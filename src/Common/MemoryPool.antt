-- ===== src/Common/MemoryPool.antt =====
-- hft/common/memory_pool.hpp: a pool of bins with a stack of free nodes. Each call is one step here;
-- the loops around the compare-and-swap, which fails only under the interference of another thread,
-- run once. An element is the offset of its pointer from the store, in bytes; a null pointer is
-- `none`. Construction and destruction of the elements are the caller's.
pub mod Calls
pub mod Free
use hft.Prelude.{
  ℕ, zero, suc, ◌+◌, ◌-◌, ◌*◌, ◌/◌, ◌%◌, ◌^◌, Bool, true, false, not, ◌&&◌, Option, none, some, ltb,
  leb, ◌==◌, if◌then◌else◌, List, [], ◌∷◌,
}
use hft.Prelude.Bits.{write}
use hft.Prelude.Int.{ℤ, pos, negsuc}

-- `kInvalidIndex`
abbrev pub invalid_index : ℕ
invalid_index = 2 ^ 32 - 1

pub record StackHead : Type 0 where
  pub index : ℕ
  pub counter : ℕ

-- `pack`, of fields of 32 bits, and `unpack`
abbrev pub pack : StackHead → ℕ
pack head = head.counter * 2 ^ 32 + head.index

abbrev pub unpack : ℕ → StackHead
unpack val = record { index = val % 2 ^ 32; counter = val / 2 ^ 32 % 2 ^ 32 }

-- The flags of the bins, the nodes of the free list, and the packed head.
pub record MemoryPool : Type 0 where
  pub size : ℕ
  pub bin_size : ℕ
  pub alive : ℕ → Bool
  pub next : ℕ → ℕ
  pub free_head : ℕ

-- The constructor.
unfoldable pub new_pool : ℕ → ℕ → MemoryPool
new_pool bin_bytes num_elems = record {
  size = num_elems;
  bin_size = bin_bytes;
  alive = λ _. false;
  next = λ i. if suc i == num_elems then invalid_index else suc i;
  free_head = pack (record { index = 0; counter = 0 });
}

-- `allocate`: the element, if there is one, and the pool
unfoldable pub allocate : MemoryPool → Option ℕ × MemoryPool
allocate m =
    let old_head = unpack m.free_head in
    if old_head.index == invalid_index then (none, m) else (
      some (old_head.index * m.bin_size),
      record m {
        alive = write m.alive old_head.index true;
        free_head = pack (record {
          index = m.next old_head.index % 2 ^ 32;
          counter = suc old_head.counter % 2 ^ 32;
        });
      },
    )

-- `deallocate` of the bin `idx`, once it is known to be one of the store
unfoldable pub release : MemoryPool → ℕ → Bool × MemoryPool
release m idx =
    let old_head = unpack m.free_head in
    if m.alive idx
    then (
      true,
      record m {
        alive = write m.alive idx false;
        next = write m.next idx old_head.index;
        free_head = pack (record { index = idx % 2 ^ 32; counter = suc old_head.counter % 2 ^ 32 });
      },
    )
    else (false, m)

-- `deallocate`
unfoldable pub deallocate : MemoryPool → Option ℤ → Bool × MemoryPool
deallocate m none = (false, m)
deallocate m (some (negsuc n)) = (false, m)
deallocate m (some (pos off)) =
    if not (off % m.bin_size == 0)
    then (false, m)
    else if leb m.size (off / m.bin_size)
    then (false, m)
    else release m (off / m.bin_size)

-- The calls that a history of a pool is made of.
pub data Call : Type 0 where
  get : Call
  give_back : Option ℤ → Call

unfoldable pub call : MemoryPool → Call → MemoryPool
call m get = (allocate m).1
call m (give_back elem) = (deallocate m elem).1

unfoldable pub calls : MemoryPool → List Call → MemoryPool
calls m [] = m
calls m (c ∷ cs) = calls (call m c) cs
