-- ===== src/Common/MemoryPool/Free.antt =====
-- The free list of hft/common/memory_pool.hpp: its nodes are exactly the bins that are not alive.
use hft.Prelude.{
  ℕ, suc, ◌+◌, ◌*◌, ◌/◌, ◌%◌, ◌^◌, ◌<◌, ◌≤◌, ◌≡◌, refl, sym, subst, ap, ◌∙◌, inl, inr, Bool, true,
  false, not, Option, none, some, List, [], ◌∷◌, leb, ◌==◌, ==_iff, ==_self, if◌then◌else◌, arith,
  Bool-cases, All,
}
use native.Mathlib.Nat.{mul-div_cancel}
use hft.Prelude.Bits.{write, write_self}
use hft.Prelude.Int.{ℤ, pos, negsuc}
use hft.Common.MemoryPool.{invalid_index, pack, unpack, MemoryPool, allocate, release, deallocate}

unfoldable pub has : ℕ → List ℕ → Bool
has j [] = false
has j (x ∷ xs) = let rest = has j xs in if x == j then true else rest

-- The list that the nodes make from an index on.
abbrev pub Chain : (ℕ → ℕ) → ℕ → List ℕ → Type 0
Chain f i [] = i ≡ invalid_index
Chain f i (x ∷ xs) = (i ≡ x) × Chain f (f x) xs

abbrev pub Distinct : List ℕ → Type 0
Distinct [] = Unit
Distinct (x ∷ xs) = (has x xs ≡ false) × Distinct xs

abbrev pub head_index : MemoryPool → ℕ
head_index m = (unpack m.free_head).index

-- The free list is `fs`, without repetition and within the store, and a bin is alive exactly if it is
-- not in it.
pub record IsPool (m : MemoryPool) (fs : List ℕ) : Type 0 where
  pub indices : m.size ≤ invalid_index
  pub bytes : 0 < m.bin_size
  pub chain : Chain m.next (head_index m) fs
  pub below : All (λ i. i < m.size) fs
  pub distinct : Distinct fs
  pub flags : (i : ℕ) → i < m.size → m.alive i ≡ not (has i fs)

pub unpack-pack :
    (index counter : ℕ)
    → index < 2 ^ 32
    → counter < 2 ^ 32
    → unpack (pack (record { index = index; counter = counter }))
      ≡ record { index = index; counter = counter }
unpack-pack index counter h k =
    let a : (counter * 2 ^ 32 + index) % 2 ^ 32 ≡ index = omega arith in
    let b : (counter * 2 ^ 32 + index) / 2 ^ 32 % 2 ^ 32 ≡ counter = omega arith in rw (a, b) refl

packed_index :
    (index counter : ℕ)
    → (unpack (pack (record { index = index % 2 ^ 32; counter = counter }))).index ≡ index % 2 ^ 32
packed_index index counter = omega arith

-- The start of a chain fits in 32 bits.
Chain-start :
    (f : ℕ → ℕ) (i n : ℕ) (fs : List ℕ)
    → n ≤ invalid_index
    → All (λ j. j < n) fs
    → Chain f i fs
    → i % 2 ^ 32 ≡ i
Chain-start f i n [] h a c = omega arith
Chain-start f i n (x ∷ xs) h (b, bs) (e, c) = omega arith

-- A node that is not on a chain may be written.
Chain-write :
    (f : ℕ → ℕ) (k v i : ℕ) (fs : List ℕ)
    → has k fs ≡ false
    → Chain f i fs
    → Chain (write f k v) i fs
unfolding has
Chain-write f k v i [] h c = c
Chain-write f k v i (x ∷ xs) h (e, c) =
    let apart : (x == k) ≡ false = ground (arith, h) in
    let rest : has k xs ≡ false = ground (arith, h) in
    let other : (k == x) ≡ false = ground (arith, apart) in
    let same : write f k v x ≡ f x = rw other refl in
    (e, rw same (Chain-write f k v (f x) xs rest c))

took :
    (i j : ℕ) (fs : List ℕ) (a : Bool)
    → has i fs ≡ false
    → a ≡ not (has j (i ∷ fs))
    → (if i == j then true else a) ≡ not (has j fs)
unfolding has
took i j fs a new f = elim (Bool-cases (i == j)) [
  | inl e ↦
      let same : i ≡ j = (==_iff i j).0 e in
      let gone : has j fs ≡ false = subst (λ k. has k fs ≡ false) same new in rw (e, gone) refl
  | inr e ↦ ground (arith, e, f)
]

-- What `allocate` promises: the first free bin, which was not alive and now is; or nothing, and the
-- pool as it was, if none is free.
abbrev pub Allocated : MemoryPool → List ℕ → Option ℕ × MemoryPool → Type 0
Allocated m [] r = r ≡ (none, m)
Allocated m (i ∷ fs) r =
    (r.0 ≡ some (i * m.bin_size))
    × (m.alive i ≡ false)
    × ((j : ℕ) → r.1.alive j ≡ write m.alive i true j)
    × IsPool r.1 fs

-- Where the free list holds, once each, the bins that are not alive, allocate gives the first of it,
-- which was not alive and now is, and takes it off the list; it gives nothing exactly if none is free.
pub allocate-Allocated : (m : MemoryPool) (fs : List ℕ) → IsPool m fs → Allocated m fs (allocate m)
unfolding allocate has
allocate-Allocated m [] p =
    let e : (head_index m == invalid_index) ≡ true = (let c = p.chain in ground (arith, c)) in
    rw e refl
allocate-Allocated m (i ∷ fs) p =
    let (e, c) = p.chain in
    let (b, bs) = p.below in
    let (new, ds) = p.distinct in
    let valid : (head_index m == invalid_index) ≡ false =
      (let n = p.indices in ground (arith, e, b, n)) in
    let fits = Chain-start m.next (m.next i) m.size fs p.indices bs c in
    let idle : m.alive i ≡ false = (let f = p.flags i b in f ∙ rw (==_self i) refl) in
    rw (valid, e)
      (
        refl,
        idle,
        λ j. refl,
        record {
          indices = p.indices;
          bytes = p.bytes;
          chain =
              subst (λ t. Chain m.next t fs)
                (sym (packed_index (m.next i) (suc (unpack m.free_head).counter % 2 ^ 32) ∙ fits))
                c;
          below = bs;
          distinct = ds;
          flags = λ j lt. took i j fs (m.alive j) new (p.flags j lt);
        },
      )

-- What `deallocate` promises: an element that is alive is freed and nothing else changes, and every
-- other pointer is refused, with the pool as it was.
pub data Deallocated (m : MemoryPool) (fs : List ℕ) (elem : Option ℤ) (r : Bool × MemoryPool)
    : Type 0 where
  freed :
      (i : ℕ)
      → elem ≡ some (pos (i * m.bin_size))
      → i < m.size
      → m.alive i ≡ true
      → r.0 ≡ true
      → ((j : ℕ) → r.1.alive j ≡ write m.alive i false j)
      → IsPool r.1 (i ∷ fs)
      → Deallocated m fs elem r
  refused :
      ((i : ℕ) → i < m.size → elem ≡ some (pos (i * m.bin_size)) → m.alive i ≡ false)
      → r ≡ (false, m)
      → Deallocated m fs elem r

gave :
    (i j : ℕ) (fs : List ℕ) (a : Bool)
    → a ≡ not (has j fs)
    → (if i == j then false else a) ≡ not (has j (i ∷ fs))
unfolding has
gave i j fs a f = ground (arith, f)

release-Deallocated :
    (m : MemoryPool) (fs : List ℕ) (i : ℕ)
    → IsPool m fs
    → i < m.size
    → Deallocated m fs (some (pos (i * m.bin_size))) (release m i)
unfolding release
release-Deallocated m fs i p lt = elim (Bool-cases (m.alive i)) [
  | inr dead ↦ rw dead (
      refused
        (λ j b e.
          (let n = p.bytes in
            let same : i * m.bin_size ≡ j * m.bin_size = ground (arith, e) in
            let eq : i ≡ j = grind arith in subst (λ k. m.alive k ≡ false) eq dead))
        refl)
  | inl live ↦
      let absent : has i fs ≡ false = (let f = p.flags i lt in ground (arith, f, live)) in
      let start = Chain-start m.next (head_index m) m.size fs p.indices p.below p.chain in
      let small : i % 2 ^ 32 ≡ i = (let n = p.indices in omega arith) in
      rw live (
        freed i refl lt live refl (λ j. refl)
          (record {
            indices = p.indices;
            bytes = p.bytes;
            chain = (
              packed_index i (suc (unpack m.free_head).counter % 2 ^ 32) ∙ small,
              subst (λ t. Chain (write m.next i (head_index m)) t fs)
                  (sym (write_self m.next i (head_index m)))
                  (Chain-write m.next i (head_index m) (head_index m) fs absent p.chain),
            );
            below = (lt, p.below);
            distinct = (absent, p.distinct);
            flags = λ j b. gave i j fs (m.alive j) (p.flags j b);
          }))
]

-- The offset of a bin.
offset_of : (off i b : ℕ) → 0 < b → off ≡ i * b → (off / b ≡ i) × (off % b ≡ 0)
offset_of off i b h e =
    let q : off / b ≡ i = ap (λ t. t / b) e ∙ mul-div_cancel i h in
    (q, (let whole : off / b * b + off % b ≡ off = grind arith in grind arith))

whole_offset : (off b : ℕ) → 0 < b → off % b ≡ 0 → off / b * b ≡ off
whole_offset off b h e = grind arith

offset_same : (off i b : ℕ) → some (pos off) ≡ some (pos (i * b)) → off ≡ i * b
offset_same off i b e = ground (arith, e)

-- Where the free list holds, once each, the bins that are not alive, deallocate frees an element that
-- is alive and puts its bin on the list; a null pointer, one that is not the start of a bin of the
-- store, and one whose bin is not alive, such as one that was freed before, it refuses, and leaves the
-- pool as it was.
pub deallocate-Deallocated :
    (m : MemoryPool) (fs : List ℕ) (elem : Option ℤ)
    → IsPool m fs
    → Deallocated m fs elem (deallocate m elem)
unfolding deallocate
deallocate-Deallocated m fs none p = refused (λ i b e. ground (arith, e)) refl
deallocate-Deallocated m fs (some (negsuc n)) p = refused (λ i b e. ground (arith, e)) refl
deallocate-Deallocated m fs (some (pos off)) p = elim (Bool-cases (off % m.bin_size == 0)) [
  | inr crooked ↦ rw crooked (
      refused
        (λ i b e.
          let (q, r) = offset_of off i m.bin_size p.bytes (offset_same off i m.bin_size e) in
          absurd (ground (arith, crooked, r)))
        refl)
  | inl aligned ↦ elim (Bool-cases (leb m.size (off / m.bin_size))) [
    | inl outside ↦
        rw (aligned, outside)
          (refused
            (λ i b e.
              let (q, r) = offset_of off i m.bin_size p.bytes (offset_same off i m.bin_size e) in
              absurd (ground (arith, outside, b, q)))
            refl)
    | inr inside ↦
        let whole : off / m.bin_size * m.bin_size ≡ off =
          whole_offset off m.bin_size p.bytes (ground (arith, aligned)) in
        rw (aligned, inside)
          (subst (λ t. Deallocated m fs (some (pos t)) (release m (off / m.bin_size))) whole
            (release-Deallocated m fs (off / m.bin_size) p (ground (arith, inside))))
  ]
]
_ _ _ _ _
> EXERCISE:
State how many lines of the data above contain the string "small", leaving out everything but the number.

> EXERCISE RESPONSE:
2